◆ **What you should do**
Each line below that includes the word "finalized" is to be reported.

◆ **Excerpted records**
-=-=-

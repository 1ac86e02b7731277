-- ===== src/Task/Finalize.antt =====
-- The FINALIZE case of runPhases in internal/task/phases.go: the candidate is checked once more, the
-- card of the task is written, the diff is scanned, the operator is asked, and the change is committed
-- under a row of the journal.
pub mod Approval
use local_engineer.Prelude.{
  ℕ, ◌≡◌, ◌≢◌, refl, sym, ap, ◌∙◌, ◌⊎◌, inl, inr, Bool, true, false, not, ◌&&◌, ◌||◌, List, [], ◌∷◌,
  Option, none, some, if◌then◌else◌, is_empty, arith, Option-cases, Bool-cases, Result, ok, err,
}
use local_engineer.GoStrings.{Text, text_eq, text_eq_iff}
use local_engineer.Firewall.{check_diff_secrets}
use local_engineer.Ledger.Journal.{OpKind, Journal, begin, complete}
use local_engineer.Recipe.{RunResult}
use local_engineer.Task.{State}
use local_engineer.Task.Verify.{Work, World, Why, Turn, crashed, stopped, moved}

-- The answer at the final gate; `Ask` of internal/broker gives one of these three.
pub data Gate : Type 0 where
  rejected waiting approved : Gate

-- `intent` and `outcome` are the JSON of the commit's row. Whether git commits may depend on what the
-- journal holds at that time.
pub record Closing : Type 0 where
  pub card_written : Bool
  pub candidate_with_card : Option Text
  pub diff : Option Text
  pub gate : Option Gate
  pub candidate_at_gate : Option Text
  pub task_id : Text
  pub journal : Journal
  pub begun_at : ℕ
  pub begins : Bool
  pub intent : Option Text
  pub git_commits : Journal → Bool
  pub completed_at : ℕ
  pub completes : Bool
  pub outcome : Option Text

abbrev first_candidate : List RunResult → Text
first_candidate [] = []
first_candidate (r ∷ rs) = r.candidate

-- `verifiedCandidate`.
abbrev pub verified_candidate : Work → Text
verified_candidate w =
    if is_empty w.finalization_candidate
    then first_candidate w.results
    else w.finalization_candidate

-- The row of a commit that fails is interrupted, which nothing here reads.
unfoldable pub commit : Closing → Work → Turn
commit c w =
    elim (begin c.begun_at c.begins c.task_id OpKind.decision c.intent w.candidate c.journal) [
      | err e ↦ crashed
      | ok (h, begun) ↦
          if not (c.git_commits begun)
          then stopped State.blocked Why.commit_failed w
          else elim (complete c.completed_at c.completes c.outcome w.candidate [] h begun) [
            | err e ↦ crashed
            | ok (h', done) ↦ stopped State.accepted Why.finalized w
          ]
    ]

unfoldable pub ask : Closing → Work → Turn
ask c w = elim c.gate [
  | none ↦ crashed
  | some rejected ↦ stopped State.failed Why.rejected_at_gate w
  | some waiting ↦ stopped State.in_review Why.awaiting_approval w
  | some approved ↦ elim c.candidate_at_gate [
    | none ↦ crashed
    | some current ↦
        if text_eq current w.candidate
        then commit c w
        else stopped State.blocked Why.candidate_changed w
  ]
]

unfoldable pub scan : Closing → Work → Turn
scan c w = elim c.diff [
  | none ↦ crashed
  | some diff ↦ elim (check_diff_secrets diff) [
    | some file ↦ stopped State.blocked Why.secret_in_diff w
    | none ↦ ask c w
  ]
]

-- The card changes the candidate, so that the one it gives is what is finalized; it is written once.
unfoldable pub write_card : Closing → World → Work → Turn
write_card c v w =
    if not (is_empty w.finalization_candidate)
    then scan c w
    else if not c.card_written
    then stopped State.blocked Why.card_failed w
    else elim c.candidate_with_card [
      | none ↦ crashed
      | some final ↦
          if v.saves
          then scan c (record w { finalization_candidate = final; candidate = final })
          else crashed
    ]

unfoldable pub finalize : Closing → World → Work → Turn
finalize c v w =
    if is_empty (verified_candidate w) || not (text_eq (verified_candidate w) w.candidate)
    then stopped State.blocked Why.candidate_changed w
    else write_card c v w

-=-=-

◆ **Answer box**
            | ok (h', done) ↦ stopped State.accepted Why.finalized w
-- The card changes the candidate, so that the one it gives is what is finalized; it is written once.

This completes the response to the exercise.